JavaScript has no single built-in htmlencode() function, which surprises people. The approach depends on whether you are in a browser or in Node.

Encoding in the browser

The smallest correct encoder uses the DOM to do the escaping for you:

function encodeHTML(str) {
  const div = document.createElement('div');
  div.textContent = str;
  return div.innerHTML;
}

encodeHTML('<script>alert("x")</script>');
// "&lt;script&gt;alert("x")&lt;/script&gt;"

Setting textContent and reading back innerHTML lets the browser escape &, <, and > correctly. Note it does not escape quotes — that is fine for text content, but not enough for attribute values. For attributes, escape manually:

function encodeHTMLAttribute(str) {
  return str
    .replace(/&/g, '&amp;')
    .replace(/</g, '&lt;')
    .replace(/>/g, '&gt;')
    .replace(/"/g, '&quot;')
    .replace(/'/g, '&#39;');
}

The order matters: & must be replaced first, otherwise you double-encode the ampersands you introduce in the later replacements.

Decoding in the browser

The classic "textarea trick" decodes entities by letting the browser parse them:

function decodeHTML(str) {
  const txt = document.createElement('textarea');
  txt.innerHTML = str;
  return txt.value;
}

decodeHTML('Tom &amp; Jerry &copy; 2025');
// "Tom & Jerry © 2025"

A safer, modern alternative that does not rely on element side effects is DOMParser:

function decodeHTML(str) {
  return new DOMParser()
    .parseFromString(str, 'text/html')
    .documentElement.textContent;
}

Important: never decode untrusted HTML by assigning it to innerHTML of a live element and then reading the rendered result — that can execute scripts and event handlers. The textarea and DOMParser techniques above are safe because the content is never inserted into the live document.

Node.js

Node has no DOM, so use a library. The de-facto standard is he (named after "HTML entities"):

const he = require('he');

he.encode('<foo> & "bar"');   // '&lt;foo&gt; &amp; &quot;bar&quot;'
he.decode('Tom &amp; Jerry'); // 'Tom & Jerry'

// Encode everything to numeric references:
he.encode('café', { encodeEverything: true });

he is spec-compliant for all 2,000+ named references, which hand-rolled replacements never are.


PHP

PHP has first-class built-ins, but three of them are easy to confuse: htmlspecialchars, htmlentities, and html_entity_decode.

Encoding

// Escapes ONLY the five HTML-significant characters: & < > " '
$safe = htmlspecialchars($input, ENT_QUOTES | ENT_HTML5, 'UTF-8');

// Escapes EVERY character that has a named entity (é, ©, etc.) too
$safe = htmlentities($input, ENT_QUOTES | ENT_HTML5, 'UTF-8');

Always pass the flags explicitly. ENT_QUOTES escapes both single and double quotes — the default only escapes double quotes, which leaves single-quoted attributes vulnerable. Always state the encoding ('UTF-8'); relying on the default has caused security bugs across PHP versions.

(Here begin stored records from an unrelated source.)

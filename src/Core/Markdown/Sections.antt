-- ===== src/Core/Markdown/Sections.antt =====
-- The two sections of a document: front matter and body.
use agent_knowledge.Prelude.{
  ℕ, ◌+◌, ◌≤◌, ◌≡◌, refl, sym, ap, ◌∙◌, subst, ◌⊎◌, inl, inr, true, some, ◌∷◌, ◌++◌, append_assoc,
  arith, nat_eq, list_eq, length, length-append, take, drop, take-append, drop-append, ok, Bytes,
  text, strip_prefix, is_utf8, >>=-eq-ok, ok_or, ok_or-eq-ok, Option-cases, strip_prefix-eq-some,
  ok-injective,
}
use agent_knowledge.Core.Markdown.{
  split_inclusive, is_delimiter, strip_opening, body_offset, front_matter_offset, markdown_body,
  extract_front_matter, missing_opening_delimiter,
}
use agent_knowledge.Core.Markdown.Lines.{
  concat, concat-append, concat-split_inclusive, body_offset-append, Stop,
  front_matter_offset_sound,
}

abbrev pub IsOpening : Bytes → Type 0
IsOpening o = (o ≡ text "---\n") ⊎ (o ≡ text "---\r\n")

strip_opening_sound :
    (m r : Bytes) → strip_opening m ≡ some r → (o : Bytes) × IsOpening o × (m ≡ o ++ r)
unfolding strip_opening
strip_opening_sound m r h = elim (Option-cases (strip_prefix (text "---\n") m)) [
  | inl missing ↦
      (text "---\r\n", inr refl, strip_prefix-eq-some (text "---\r\n") m r (rw missing at h))
  | inr (s, found) ↦
      (text "---\n", inl refl, strip_prefix-eq-some (text "---\n") m r (found ∙ (rw found at h)))
]

-- Front matter that was extracted, the delimiter behind it and the body behind that.
module _ (remainder : Bytes) (s : Stop (split_inclusive remainder)) where
  remainder_split : remainder ≡ concat s.before ++ (s.line ++ concat s.after)
  unfolding concat
  remainder_split =
      sym (concat-split_inclusive remainder)
      ∙ ap concat s.split_lines
      ∙ concat-append s.before (s.line ∷ s.after)

  pub remainder_front : take (length (concat s.before)) remainder ≡ concat s.before
  remainder_front =
      ap (take (length (concat s.before))) remainder_split
      ∙ take-append (concat s.before) (s.line ++ concat s.after)

  pub remainder_body : drop (length (concat s.before) + length s.line) remainder ≡ concat s.after
  remainder_body =
      ap (drop (length (concat s.before) + length s.line))
        (remainder_split ∙ sym (append_assoc (concat s.before) s.line (concat s.after)))
      ∙ subst (λ n. drop n ((concat s.before ++ s.line) ++ concat s.after) ≡ concat s.after)
          (length-append (concat s.before) s.line)
          (drop-append (concat s.before ++ s.line) (concat s.after))

  stop_body :
      body_offset 0 (split_inclusive remainder) ≡ ok (length (concat s.before) + length s.line)
  stop_body =
      ap (body_offset 0) s.split_lines
      ∙ body_offset-append 0 s.before s.after s.line s.content s.delimiter
      ∙ ap ok (omega arith)

-- A document cut into its opening line, front matter, closing line and body.
pub record IsCut (m yaml body : Bytes) : Type 0 where
  pub opening : Bytes
  pub closing : Bytes
  pub is_opening : IsOpening opening
  pub is_closing : is_delimiter closing ≡ true
  pub whole : m ≡ opening ++ (yaml ++ (closing ++ body))

pub body_of :
    (m remainder : Bytes) (s : Stop (split_inclusive remainder))
    → is_utf8 m ≡ true
    → strip_opening m ≡ some remainder
    → markdown_body m ≡ ok (concat s.after)
unfolding markdown_body
body_of m remainder s valid opened =
    rw (valid, opened, stop_body remainder s) (ap ok (remainder_body remainder s))

-- When the front matter of a UTF-8 document is extracted, the body is found too, the two and the
-- delimiter lines around the front matter make up the document byte for byte, and the front
-- matter is no longer than the limit.
pub extract_front_matter_cuts :
    (m : Bytes) (maximum : ℕ) (yaml : Bytes)
    → is_utf8 m ≡ true
    → extract_front_matter m maximum ≡ ok yaml
    → (body : Bytes) × (markdown_body m ≡ ok body) × IsCut m yaml body × (length yaml ≤ maximum)
unfolding extract_front_matter
extract_front_matter_cuts m maximum yaml valid h =
    let (remainder, opened, h') =
      >>=-eq-ok (ok_or (strip_opening m) missing_opening_delimiter) _ h in
    let (n, stopped, same) =
      >>=-eq-ok (front_matter_offset maximum 0 (split_inclusive remainder)) _ h' in
    let (s, at, fits) = front_matter_offset_sound maximum 0 (split_inclusive remainder) stopped in
    let (o, opening, whole) =
      strip_opening_sound m remainder (ok_or-eq-ok (strip_opening m) _ opened) in
    let at' : n ≡ length (concat s.before) = omega (arith, at) in
    let front : concat s.before ≡ yaml =
      sym (remainder_front remainder s)
      ∙ ap (λ k. take k remainder) (sym at')
      ∙ ok-injective same in
    (
      concat s.after,
      body_of m remainder s valid (ok_or-eq-ok (strip_opening m) _ opened),
      record {
        opening = o;
        closing = s.line;
        is_opening = opening;
        is_closing = s.delimiter;
        whole =
            whole
            ∙ ap (λ t. o ++ t)
                (remainder_split remainder s ∙ ap (λ t. t ++ (s.line ++ concat s.after)) front);
      },
      subst (λ t. length t ≤ maximum) front (omega (arith, at', fits)),
    )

htmlspecialchars vs htmlentities

This is the most common PHP question, and the answer is simple: use htmlspecialchars almost always.

  • htmlspecialchars encodes only & < > " '. With a UTF-8 document — which is everything today — every other character (accents, symbols, emoji) renders correctly as its raw self. This is what you want for escaping output.
  • htmlentities additionally converts accented and special characters into named entities like &eacute;. This bloats your output and is only useful when targeting a legacy non-UTF-8 encoding.

In a modern UTF-8 codebase, htmlentities solves a problem you do not have. Reach for htmlspecialchars.

Decoding

// Reverses htmlentities (and htmlspecialchars) — decodes ALL entities:
$text = html_entity_decode($encoded, ENT_QUOTES | ENT_HTML5, 'UTF-8');

// Reverses ONLY the five special characters:
$text = htmlspecialchars_decode($encoded, ENT_QUOTES);

Use html_entity_decode when the input might contain named entities like &copy; or &nbsp;; use htmlspecialchars_decode when you only ever encoded the five basics and want a faster, narrower reversal.


Python

Python keeps it minimal and correct with the standard-library html module — no third-party package needed.

Encoding

import html

html.escape('<a href="x">Tom & Jerry</a>')
# '&lt;a href=&quot;x&quot;&gt;Tom &amp; Jerry&lt;/a&gt;'

# Leave quotes alone (text content, not attributes):
html.escape('Tom & Jerry', quote=False)
# 'Tom &amp; Jerry'

html.escape() escapes & < > always, and " ' as well unless you pass quote=False. The default quote=True is the safe choice — keep it on unless you have a specific reason not to.

Decoding

import html

html.unescape('Tom &amp; Jerry &copy; 2025')
# 'Tom & Jerry © 2025'

html.unescape('caf&eacute; &#8364;100')
# 'café €100'

html.unescape() understands the full set of named references plus decimal and hex numeric references, so it reverses anything a browser would. It replaced the deprecated HTMLParser.unescape() from Python 2 — if you find that in old code, swap it for html.unescape.


Side-by-Side Cheat Sheet

Task JavaScript PHP Python
Encode (basics) he.encode() / DOM trick htmlspecialchars() html.escape()
Encode (everything) he.encode(s,{encodeEverything:true}) htmlentities() — (rarely needed)
Decode he.decode() / DOMParser html_entity_decode() html.unescape()
Decode basics only textarea trick htmlspecialchars_decode() html.unescape()

Cross-Cutting Gotchas

  • Encode the ampersand first. In any hand-written encoder, replace & before <, >, etc., or you will double-encode. This is the number-one cause of &amp;lt; showing up in output. See How to Fix Double-Encoded HTML Entities.
  • Encode once, at output. Storing pre-encoded text in your database and then encoding again at render time is exactly how double-encoding happens. Store raw text; encode only when writing into HTML.
  • Match the context. Escaping for HTML text is different from escaping for an HTML attribute, a URL, or a JavaScript string. Use ENT_QUOTES / quote=True whenever the value lands inside an attribute.
  • Do not decode untrusted HTML into the live DOM. In the browser, decode via textarea/DOMParser, never by assigning untrusted markup to innerHTML of an attached element.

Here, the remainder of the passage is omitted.